# The True Doctrine of the Sabbath by Nicholas Bownd



## ZackF (Aug 30, 2017)

My copy from RHB/NP arrived today and no I haven't read it yet. This is my first purchase of a Naphtali Press book (I know, I know. Shame on me). It will still be a little while before I get to reading it but I wanted to say a few things about it. I find it heirloom quality. Over the past ten years I've been more and more digital in my reading inclinations but when I buy paper I want it to either be really inexpensive or it better be high quality. The price, $16, is a steal for this volume. I opened the box and then open the book and I heard.....nothing. It opened nicely from several different places. No crackle sounds from cheap glued binding breaking and flaking everywhere. The printing, font selection, headings, index as well as the aforementioned binding are first rate. Very clean. Well done. Thank you Mr. Coldwell.

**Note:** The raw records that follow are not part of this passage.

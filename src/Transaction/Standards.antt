-- ===== src/Transaction/Standards.antt =====
-- RLP's list rule, and the transaction lists of EIP-155, EIP-2718, EIP-2930 and EIP-1559: what the
-- encoders are held to.
use fast_wallet.Base.{
  ℕ, ◌+◌, ◌*◌, ◌≡◌, Bool, false, List, [], ◌∷◌, ◌++◌, map, length, Option, none, some, ◌==◌,
}
use fast_wallet.Transaction.{
  Bytes, AccessListItem, TypedTransaction, legacy, eip2930, eip1559, RecoverableSignature,
}
use fast_wallet.Transaction.Rlp.{Rlp}
use fast_wallet.Transaction.Encode.{written}

-- RLP's list: a header for the length of the items together, and the items.
abbrev pub rlp_list : Rlp → List Bytes → Bytes
rlp_list R items = R.list_header (length (written items)) ++ written items

-- EIP-2930's item: the address, and the list of the storage keys.
abbrev pub item_spec : Rlp → AccessListItem → Bytes
item_spec R item =
    rlp_list R (R.fixed item.address ∷ rlp_list R (map R.fixed item.storage_keys) ∷ [])

abbrev pub access_spec : Rlp → List AccessListItem → Bytes
access_spec R items = rlp_list R (map (item_spec R) items)

-- The recipient: an address is a string of its bytes, and its absence the empty string, whose encoding is one byte.
abbrev pub recipient_spec : Rlp → Option Bytes → Bytes
recipient_spec R (some address) = R.fixed address
recipient_spec R none = 0x80 ∷ []

-- The number that bytes write, the most significant first, behind `n`.
unfoldable pub be_value : ℕ → Bytes → ℕ
be_value n [] = n
be_value n (b ∷ bs) = be_value (n * 256 + b) bs

unfoldable pub leading_zero : Bytes → Bool
leading_zero [] = false
leading_zero (b ∷ bs) = b == 0

-- RLP writes a number as the string of its bytes with no leading zero.
abbrev pub IsMinimal : Bytes → Bytes → Type 0
IsMinimal word bytes = (be_value 0 bytes ≡ be_value 0 word) × (leading_zero bytes ≡ false)

-- The items of the list to sign, as the standards give them: EIP-155 for the legacy form. `access`
-- encodes an access list, `recipient` a recipient.
abbrev pub signing_items :
    Rlp → (List AccessListItem → Bytes) → (Option Bytes → Bytes) → TypedTransaction → List Bytes
signing_items R access recipient (legacy tx) =
    R.uint tx.nonce
    ∷ R.uint tx.gas_price
    ∷ R.uint tx.gas_limit
    ∷ recipient tx.to
    ∷ R.uint tx.value
    ∷ R.string tx.payload
    ∷ R.uint tx.chain_id
    ∷ R.uint 0
    ∷ R.uint 0
    ∷ []
signing_items R access recipient (eip2930 tx) =
    R.uint tx.chain_id
    ∷ R.uint tx.nonce
    ∷ R.uint tx.gas_price
    ∷ R.uint tx.gas_limit
    ∷ recipient tx.to
    ∷ R.uint tx.value
    ∷ R.string tx.payload
    ∷ access tx.access_list
    ∷ []
signing_items R access recipient (eip1559 tx) =
    R.uint tx.chain_id
    ∷ R.uint tx.nonce
    ∷ R.uint tx.max_priority_fee_per_gas
    ∷ R.uint tx.max_fee_per_gas
    ∷ R.uint tx.gas_limit
    ∷ recipient tx.to
    ∷ R.uint tx.value
    ∷ R.string tx.payload
    ∷ access tx.access_list
    ∷ []

-- The bytes of the signature's two numbers are given.
abbrev pub signature_items : Rlp → ℕ → Bytes → Bytes → List Bytes
signature_items R v r s = R.uint v ∷ R.string r ∷ R.string s ∷ []

-- The items of the signed list: the signature's stand last, for EIP-155's last three or behind all.
abbrev pub signed_items :
    Rlp
    → (List AccessListItem → Bytes)
    → (Option Bytes → Bytes)
    → TypedTransaction
    → ℕ
    → Bytes
    → Bytes
    → List Bytes
signed_items R access recipient (legacy tx) v r s =
    R.uint tx.nonce
    ∷ R.uint tx.gas_price
    ∷ R.uint tx.gas_limit
    ∷ recipient tx.to
    ∷ R.uint tx.value
    ∷ R.string tx.payload
    ∷ signature_items R v r s
signed_items R access recipient (eip2930 tx) v r s =
    R.uint tx.chain_id
    ∷ R.uint tx.nonce
    ∷ R.uint tx.gas_price
    ∷ R.uint tx.gas_limit
    ∷ recipient tx.to
    ∷ R.uint tx.value
    ∷ R.string tx.payload
    ∷ access tx.access_list
    ∷ signature_items R v r s
signed_items R access recipient (eip1559 tx) v r s =
    R.uint tx.chain_id
    ∷ R.uint tx.nonce
    ∷ R.uint tx.max_priority_fee_per_gas
    ∷ R.uint tx.max_fee_per_gas
    ∷ R.uint tx.gas_limit
    ∷ recipient tx.to
    ∷ R.uint tx.value
    ∷ R.string tx.payload
    ∷ access tx.access_list
    ∷ signature_items R v r s

-- EIP-2718's envelope: the type byte of the form before the list, and none for a legacy transaction.
abbrev pub envelope : TypedTransaction → Bytes → Bytes
envelope (legacy tx) list = list
envelope (eip2930 tx) list = 0x01 ∷ list
envelope (eip1559 tx) list = 0x02 ∷ list

-- The bytes are the envelope of the list of the standards' items under the signature, each of whose two numbers is
-- written without leading zeros.
abbrev pub Standard : Rlp → TypedTransaction → RecoverableSignature → Bytes → Type 0
Standard R tx sig bytes =
    (r s : Bytes) × IsMinimal sig.r r
    × IsMinimal sig.s s
    × (bytes
        ≡ envelope tx (rlp_list R (signed_items R (access_spec R) (recipient_spec R) tx sig.v r s)))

Note: He didn't encourage, pay nor threaten me into reviewing this book. It was totally of my own free will. You know what I mean. I was predestined to review it.

Reactions: Like 5


----------



## Jeri Tanner (Aug 30, 2017)

I ordered it too, and agree with you about the quality. It's a beautiful book; everything put out by Naphtali Press is so impressive. I have only read a page or two yet and can't remember where I turned to, but found Bound's words on the Sabbath thrilling. I'll have to try to find the section and post it.

Reactions: Like 1


----------



## reaganmarsh (Aug 31, 2017)

It's an excellent book, and Chris does great work. Enjoy.

Reactions: Like 1


----------